(⌒▽⌒)☆: 4 min. read
This was the content of one of my internal sharings I did within my team. Talking about one of the basic blocks of functional programming.
currying is a programming technique that reduces a multiple arguments function into a n sequence of functions that take exactly 1 argument.
uncurrying is the mathematical dual of the above statement. (transforms a n sequence of functions that take 1 argument into a function that takes n arguments)
its namesake is from Haskell Brooks Curry (not the food), who was an American mathematician and logician, (incidentally, his name spawned off 3 programming languages, go google if you are interested)
in more concrete terms, currying transforms a function eg: f(a,b,c)
into a callable f(a)(b)(c)
so for example, sum(1,2,3)
is how we would call an uncurried function
whereas in the curried version we call it like this sum(1)(2)(3)
what happens when we call a curried function halfway ie sum(1)(2)
?
what we achieve is a function that has its first 2 arguments bound. formally it is known as a partially applied function
incidentally we can replicate the behavior by using Function.prototype.bind
const sum = (x, y, z) => x + y + z;
const curriedSum = (x) => (y) => (z) => x + y + z;
function explicitCurriedSum(x) {
return function (y) {
return function (z) {
return x + y + z;
};
};
}
// we call like this sum(1,2,3)
// we call curried functions like this curriedSum(1)(2)(3)
const partiallyApplied = curriedSum(1)(2);
const equivalentPartiallyApplied = sum.bind(null, 1, 2);
so yea, if the output doesnt really change, just the way that we call the function differs, then why do we even bother to curry functions?
for functional programming enthusiasts, currying really helps them in joining their software together, and i think I dont need to elaborate further.
but for me, currying is that tool in your toolbox that you often overlook, but only when at your wits end, then you suddenly remember about it and use it.
one great thing about currying is that is reduces the complexity of a big function into smaller managable chunks. These manageable chunks can then be unit tested well enough that the developer is confident in their code.

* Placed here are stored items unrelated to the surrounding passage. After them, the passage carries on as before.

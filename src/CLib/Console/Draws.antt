-- ===== src/CLib/Console/Draws.antt =====
-- Drawing a character keeps to the screen.
use native.Mathlib.Decide.{dec_lt}
use cs61_f26_psets.Common.{
  ℕ, zero, suc, ◌+◌, ◌-◌, ◌%◌, ◌≤◌, ◌<◌, ◌≡◌, ◌≢◌, ◌⊎◌, inl, inr, refl, List, [], ◌∷◌, ◌==◌, arith,
  ◌∙◌, sym, subst, Bool-cases,
}
use Prim.Native.Nat.{bit_or}
use cs61_f26_psets.CLib.Console.{
  ScrollMode, scroll_off, scroll_on, scroll_blank, ConsolePrinter, console_columns, end_cpos,
  scroll, make_room, draw_cell, draw_spaces, draw_char, draw_all,
}
use cs61_f26_psets.CLib.Console.Scroll.{IsRow, scroll-Scrolls, scroll-off}

-- `cp'` has drawn on the screen alone: the next cell is on it or right behind it.
pub record Draws (cp cp' : ConsolePrinter) : Type 0 where
  pub inside : cp'.cell ≤ end_cpos
  pub is_row : IsRow cp'.blank_row
  pub behind : (j : ℕ) → end_cpos ≤ j → cp'.cells j ≡ cp.cells j
  pub same_escape : cp'.escape ≡ cp.escape
  pub same_cursor : cp'.cursorpos ≡ cp.cursorpos
  pub same_color : cp'.color ≡ cp.color

pub Draws-trans : (a b c : ConsolePrinter) → Draws a b → Draws b c → Draws a c
Draws-trans a b c h k = record {
  inside = k.inside;
  is_row = k.is_row;
  behind = λ j le. k.behind j le ∙ h.behind j le;
  same_escape = k.same_escape ∙ h.same_escape;
  same_cursor = k.same_cursor ∙ h.same_cursor;
  same_color = k.same_color ∙ h.same_color;
}

pub Draws-self : (cp : ConsolePrinter) → cp.cell ≤ end_cpos → IsRow cp.blank_row → Draws cp cp
Draws-self cp inside is_row = record {
  inside = inside;
  is_row = is_row;
  behind = λ j le. refl;
  same_escape = refl;
  same_cursor = refl;
  same_color = refl;
}

mode-cases : (mode : ScrollMode) → (mode ≡ scroll_off) ⊎ (mode ≢ scroll_off)
mode-cases scroll_off = inl refl
mode-cases scroll_on = inr (λ e. cc)
mode-cases scroll_blank = inr (λ e. cc)

scroll-Draws :
    (cp : ConsolePrinter)
    → cp.cell ≤ end_cpos
    → IsRow cp.blank_row
    → Draws cp (scroll cp) × ((scroll cp).cell < end_cpos)
scroll-Draws cp inside is_row = elim (mode-cases cp.scroll_mode) [
  | inl off ↦
      subst (λ cp'. Draws cp cp' × (cp'.cell < end_cpos)) (sym (scroll-off cp off))
        (
          record {
            inside = omega arith;
            is_row = is_row;
            behind = λ j le. refl;
            same_escape = refl;
            same_cursor = refl;
            same_color = refl;
          },
          omega arith,
        )
  | inr on ↦
      let (top, chosen, s) = scroll-Scrolls cp on is_row in
      (
        record {
          inside = omega (arith, s.cell_moved);
          is_row = s.row_chosen;
          behind = s.behind;
          same_escape = s.same_escape;
          same_cursor = s.same_cursor;
          same_color = s.same_color;
        },
        omega (arith, s.cell_moved),
      )
]

pub make_room-stop : (fuel : ℕ) (cp : ConsolePrinter) → cp.cell < end_cpos → make_room fuel cp ≡ cp
unfolding make_room
make_room-stop zero cp lt = refl
make_room-stop (suc fuel) cp lt = ground (arith, lt)

make_room-scroll :
    (fuel : ℕ) (cp : ConsolePrinter)
    → end_cpos ≤ cp.cell
    → make_room (suc fuel) cp ≡ make_room fuel (scroll cp)
unfolding make_room
make_room-scroll fuel cp le = ground (arith, le)

make_room-Draws :
    (fuel : ℕ) (cp : ConsolePrinter)
    → cp.cell ≤ end_cpos
    → IsRow cp.blank_row
    → Draws cp (make_room (suc fuel) cp) × ((make_room (suc fuel) cp).cell < end_cpos)
make_room-Draws fuel cp inside is_row = elim (dec_lt cp.cell end_cpos) [
  | yes lt ↦
      subst (λ cp'. Draws cp cp' × (cp'.cell < end_cpos)) (sym (make_room-stop (suc fuel) cp lt))
        (Draws-self cp inside is_row, lt)
  | no full ↦
      let (s, lt) = scroll-Draws cp inside is_row in
      subst (λ cp'. Draws cp cp' × (cp'.cell < end_cpos))
        (sym (make_room-scroll fuel cp (omega (arith, full)) ∙ make_room-stop fuel (scroll cp) lt))
        (s, lt)
]

draw_cell-Draws :
    (cp : ConsolePrinter) (v : ℕ)
    → cp.cell < end_cpos
    → IsRow cp.blank_row
    → Draws cp (draw_cell cp v)
unfolding draw_cell
draw_cell-Draws cp v lt is_row = record {
  inside = omega arith;
  is_row = is_row;
  behind = λ j le. ground arith;
  same_escape = refl;
  same_cursor = refl;
  same_color = refl;
}

draw_cell-cell : (cp : ConsolePrinter) (v : ℕ) → (draw_cell cp v).cell ≡ cp.cell + 1
unfolding draw_cell
draw_cell-cell cp v = refl

draw_spaces-Draws :
    (n : ℕ) (cp : ConsolePrinter)
    → cp.cell + n ≤ end_cpos
    → IsRow cp.blank_row
    → Draws cp (draw_spaces n cp)
unfolding draw_spaces
draw_spaces-Draws zero cp le is_row = Draws-self cp (omega arith) is_row
draw_spaces-Draws (suc n) cp le is_row =
    let v = bit_or b' ' cp.color in
    let one = draw_cell-Draws cp v (omega arith) is_row in
    Draws-trans cp (draw_cell cp v) (draw_spaces n (draw_cell cp v)) one
      (draw_spaces-Draws n (draw_cell cp v) (omega (arith, draw_cell-cell cp v)) one.is_row)

pub draw_char-Draws :
    (cp : ConsolePrinter) (c : ℕ)
    → cp.cell ≤ end_cpos
    → IsRow cp.blank_row
    → Draws cp (draw_char cp c)
unfolding draw_char
draw_char-Draws cp c inside is_row =
    let cp' = make_room (suc cp.cell) cp in
    let (room, lt) = make_room-Draws cp.cell cp inside is_row in
    elim (Bool-cases (c == b'\n')) [
      | inl newline ↦ rw (newline) (
          Draws-trans cp cp' (draw_spaces (console_columns - cp'.cell % console_columns) cp') room (
            draw_spaces-Draws (console_columns - cp'.cell % console_columns) cp' (omega (arith, lt))
              room.is_row))
      | inr other ↦ rw (other) (
          Draws-trans cp cp' (draw_cell cp' (bit_or c cp'.color)) room
            (draw_cell-Draws cp' (bit_or c cp'.color) lt room.is_row))
    ]

pub draw_all-Draws :
    (cs : List ℕ) (cp : ConsolePrinter)
    → cp.cell ≤ end_cpos
    → IsRow cp.blank_row
    → Draws cp (draw_all cp cs)
unfolding draw_all
draw_all-Draws [] cp inside is_row = Draws-self cp inside is_row
draw_all-Draws (c ∷ cs) cp inside is_row =
    let one = draw_char-Draws cp c inside is_row in
    Draws-trans cp (draw_char cp c) (draw_all (draw_char cp c) cs) one
      (draw_all-Draws cs (draw_char cp c) one.inside one.is_row)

writing this out, it really is difficult to find convincing use cases for currying, but to me they feel like unix pipes and redirection in their scale of utility, and once you get it, it will start appearing everywhere
also, our team uses currying abit (from what ive read so far) so knowing it is quite useful.
we already got a taste of how we can curry a function.

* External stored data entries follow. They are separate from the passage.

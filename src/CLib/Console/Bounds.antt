-- ===== src/CLib/Console/Bounds.antt =====
-- The console printer stays on the screen, and its escape buffer does not overflow.
use cs61_f26_psets.Common.{
  ℕ, ◌≤◌, ◌<◌, ◌≡◌, inl, inr, refl, true, not, ◌&&◌, none, some, sym, subst, leb, if◌then◌else◌,
  List, [], ◌∷◌, ◌++◌, ◌==◌, arith, ◌∙◌, ap, length, Bool-cases,
}
use cs61_f26_psets.Common.Memory.{Memory}
use cs61_f26_psets.Common.Int.{ℤ, pos, negsuc}
use cs61_f26_psets.CLib.Printer.Format.{Event, put, set_color, vprintf}
use cs61_f26_psets.CLib.Console.{
  ScrollMode, ConsolePrinter, end_cpos, flush, collects, escape_char, putc, put_all,
  console_printer, Screen, print_events, finish_print, move_cursor, console_puts, mode_of,
  console_vprintf, first_cell, printer_at,
}
use cs61_f26_psets.CLib.Console.Scroll.{IsRow}
use cs61_f26_psets.CLib.Console.Draws.{draw_char-Draws, draw_all-Draws}

-- The cursor is on the screen or right behind it.
abbrev pub OnScreen : ℤ → Type 0
OnScreen (pos n) = n ≤ end_cpos
OnScreen (negsuc n) = ⊥

-- The invariant: the next cell is on the screen or right behind it, the row that scrolling has chosen
-- is one of the screen's, and the escape buffer has room for one more of its 12 characters,
-- and the cursor is where a cell may be.
pub record IsInside (cp : ConsolePrinter) : Type 0 where
  pub inside : cp.cell ≤ end_cpos
  pub is_row : IsRow cp.blank_row
  pub room : length cp.escape < 12
  pub cursor_in : OnScreen cp.cursorpos

pub flush-IsInside :
    (cp : ConsolePrinter)
    → cp.cell ≤ end_cpos
    → IsRow cp.blank_row
    → OnScreen cp.cursorpos
    → IsInside (flush cp) × ((j : ℕ) → end_cpos ≤ j → (flush cp).cells j ≡ cp.cells j)
unfolding flush
flush-IsInside cp inside is_row cursor =
    let d = draw_all-Draws cp.escape cp inside is_row in
    (
      record {
        inside = d.inside;
        is_row = d.is_row;
        room = omega arith;
        cursor_in = subst OnScreen (sym d.same_cursor) cursor;
      },
      d.behind,
    )

-- What a character keeps.
abbrev Keeps : ConsolePrinter → ConsolePrinter → Type 0
Keeps cp cp' = IsInside cp' × ((j : ℕ) → end_cpos ≤ j → cp'.cells j ≡ cp.cells j)

collects-lt : (n c : ℕ) → collects n c ≡ true → n < 12
collects-lt n c h = ground (arith, h)

escape_char-Keeps : (cp : ConsolePrinter) (c : ℕ) → IsInside cp → Keeps cp (escape_char cp c)
unfolding escape_char
escape_char-Keeps cp c h =
    let collected = cp.escape ++ c ∷ [] in
    elim (Bool-cases (collects (length collected) c)) [
      | inl more ↦ rw (more) (
        record {
          inside = h.inside;
          is_row = h.is_row;
          room = collects-lt (length collected) c more;
          cursor_in = h.cursor_in;
        },
        λ j le. refl,
      )
      | inr done ↦ rw (done) (elim (Bool-cases (c == b'm')) [
        | inl complete ↦ rw (complete) (
          record {
            inside = h.inside;
            is_row = h.is_row;
            room = omega arith;
            cursor_in = h.cursor_in;
          },
          λ j le. refl,
        )
        | inr other ↦
            rw (other)
              (flush-IsInside (record cp { escape = collected }) h.inside h.is_row h.cursor_in)
      ])
    ]

-- Every character keeps the invariant of the printer, and no character changes a cell outside the
-- screen: neither drawing, a newline, a scroll nor an escape sequence.
pub putc-IsInside :
    (cp : ConsolePrinter) (c : ℕ)
    → IsInside cp
    → IsInside (putc cp c) × ((j : ℕ) → end_cpos ≤ j → (putc cp c).cells j ≡ cp.cells j)
unfolding putc
putc-IsInside cp c h =
    let d = draw_char-Draws cp c h.inside h.is_row in
    elim (Bool-cases (length cp.escape == 0 && not (c == 27))) [
      | inl plain ↦ rw (plain) (
        record {
          inside = d.inside;
          is_row = d.is_row;
          room = omega (arith, ap length d.same_escape, h.room);
          cursor_in = subst OnScreen (sym d.same_cursor) h.cursor_in;
        },
        d.behind,
      )
      | inr special ↦ rw (special) (escape_char-Keeps cp c h)
    ]

-- The cell where a printer starts is on the screen.
first_cell_lem :
    (screen : Screen) (cpos : ℤ)
    → OnScreen screen.cursorpos
    → (cell : ℕ) × (first_cell screen cpos ≡ some cell) × (cell ≤ end_cpos)
first_cell_lem screen (pos n) on = (_, refl, ground arith)
first_cell_lem screen (negsuc n) on = cursor_cell screen.cursorpos on
  where
    cursor_cell :
        (c : ℤ)
        → OnScreen c
        → (cell : ℕ) × ((elim c [
          | pos p ↦ if leb p end_cpos then some p else none
          | negsuc q ↦ none
        ])
            ≡ some cell)
          × (cell ≤ end_cpos)
    cursor_cell (pos p) le = (p, ground (arith, le), le)
    cursor_cell (negsuc q) le = elim le [ ]

-- A newly made printer has the invariant, if the cursor is on the screen.
pub console_printer-IsInside :
    (screen : Screen) (cpos : ℤ) (mode : ScrollMode)
    → OnScreen screen.cursorpos
    → (cp : ConsolePrinter) × (console_printer screen cpos mode ≡ some cp)
      × IsInside cp
      × (cp.cells ≡ screen.cells)
unfolding console_printer
console_printer-IsInside screen cpos mode on =
    let (cell, e, le) = first_cell_lem screen cpos on in
    (
      printer_at screen mode cell,
      rw (e) refl,
      record { inside = le; is_row = tt; room = omega arith; cursor_in = on },
      refl,
    )

put_all-Keeps : (cs : List ℕ) (cp : ConsolePrinter) → IsInside cp → Keeps cp (put_all cp cs)
unfolding put_all
put_all-Keeps [] cp h = (h, λ j le. refl)
put_all-Keeps (c ∷ cs) cp h =
    let (one, same) = putc-IsInside cp c h in
    let (rest, same') = put_all-Keeps cs (putc cp c) one in (rest, λ j le. same' j le ∙ same j le)

print_events-Keeps :
    (es : List Event) (cp : ConsolePrinter) → IsInside cp → Keeps cp (print_events cp es)
unfolding print_events
print_events-Keeps [] cp h = (h, λ j le. refl)
print_events-Keeps (put c ∷ es) cp h =
    let (one, same) = putc-IsInside cp c h in
    let (rest, same') = print_events-Keeps es (putc cp c) one in
    (rest, λ j le. same' j le ∙ same j le)
print_events-Keeps (set_color color ∷ es) cp h =
    print_events-Keeps es (record cp { color = color })
      (record { inside = h.inside; is_row = h.is_row; room = h.room; cursor_in = h.cursor_in })

-- What a call that prints leaves: no cell outside the screen changes, the returned position and the
-- cursor are on the screen or right behind it, and the cursor moves there where printing begins at it.
pub record Prints (screen : Screen) (cpos : ℤ) (r : Screen × ℕ) : Type 0 where
  pub behind : (j : ℕ) → end_cpos ≤ j → r.0.cells j ≡ screen.cells j
  pub position : r.1 ≤ end_cpos
  pub cursor_in : OnScreen r.0.cursorpos
  pub cursor_at : (n : ℕ) → cpos ≡ negsuc n → r.0.cursorpos ≡ pos r.1

finish-Prints :
    (screen : Screen) (cpos : ℤ) (cp : ConsolePrinter)
    → IsInside cp
    → ((j : ℕ) → end_cpos ≤ j → cp.cells j ≡ screen.cells j)
    → Prints screen cpos (finish_print cpos cp)
unfolding move_cursor
finish-Prints screen (negsuc n) cp h same =
    let (inside, same') = flush-IsInside cp h.inside h.is_row h.cursor_in in
    record {
      behind = λ j le. same' j le ∙ same j le;
      position = inside.inside;
      cursor_in = inside.inside;
      cursor_at = λ n e. refl;
    }
finish-Prints screen (pos n) cp h same = record {
  behind = same;
  position = h.inside;
  cursor_in = h.cursor_in;
  cursor_at = λ n e. cc;
}

-- Where the cursor is on the screen or right behind it, for any text, color and position,
-- console_puts changes no cell outside the screen, and returns a position on the screen or right
-- behind it; a call at the cursor moves the cursor there.
pub console_puts-Prints :
    (screen : Screen) (cpos : ℤ) (color : ℕ) (bytes : List ℕ)
    → OnScreen screen.cursorpos
    → (r : Screen × ℕ) × (console_puts screen cpos color bytes ≡ some r) × Prints screen cpos r
unfolding console_puts
console_puts-Prints screen cpos color bytes on =
    let (fresh, e, h, cells) = console_printer-IsInside screen cpos (mode_of cpos) on in
    let cp : ConsolePrinter = record fresh { color = color } in
    let (inside, same) =
      put_all-Keeps bytes cp
        (record { inside = h.inside; is_row = h.is_row; room = h.room; cursor_in = h.cursor_in }) in
    (
      finish_print cpos (put_all cp bytes),
      rw (e) refl,
      finish-Prints screen cpos (put_all cp bytes) inside (λ j le. same j le ∙ ap (λ f. f j) cells),
    )

-- The same for a formatted text: whatever vprintf prints, console_vprintf stays on the screen.
pub console_vprintf-Prints :
    (fuel : ℕ) (m : Memory) (screen : Screen) (cpos : ℤ) (format : ℕ) (args : List ℕ)
    (es : List Event)
    → OnScreen screen.cursorpos
    → vprintf fuel m format args ≡ some es
    → (r : Screen × ℕ) × (console_vprintf fuel m screen cpos format args ≡ some r)
      × Prints screen cpos r
unfolding console_vprintf
console_vprintf-Prints fuel m screen cpos format args es on e =
    let (fresh, made, h, cells) = console_printer-IsInside screen cpos (mode_of cpos) on in
    let (inside, same) = print_events-Keeps es fresh h in
    (
      finish_print cpos (print_events fresh es),
      rw (made, e) refl,
      finish-Prints screen cpos (print_events fresh es) inside
          (λ j le. same j le ∙ ap (λ f. f j) cells),
    )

const curriedSum = (x) => (y) => (z) => x + y + z;
if we read this function properly, you will realise that we are returning functions at every argument provided.
for this particular curried function, we only accept up to a max of 3 arguments before returning the sum, it is a quite specific implementation.
can we do better?
in order to make things general, we would expect a curry function that takes a function and immediately gives the behavior of curry to it, no matter the number of arguments required.
you could implement it manually if you search up code for it (since its a well-established concept) but I wont because custom code usually is buggy.
so we will look at ramda.js's curry function.
so with ramda's curry function, we can automagically transform any function into its curried version.
incidentally, if you look at other programming languages, currying as default is provided out of the box if you write any function; One does not need to manually curry in those languages.
NB: curry doesnt play well with Typescript, only just recently they introduced Variadic Tuple Types in Typescript 4.0. with this, curry could be implemented with type-safety.
Previously, curry was almost impossible to implement or if you look at the type-signature of curry you wanted to vomit. dont even talk about the compiler errors.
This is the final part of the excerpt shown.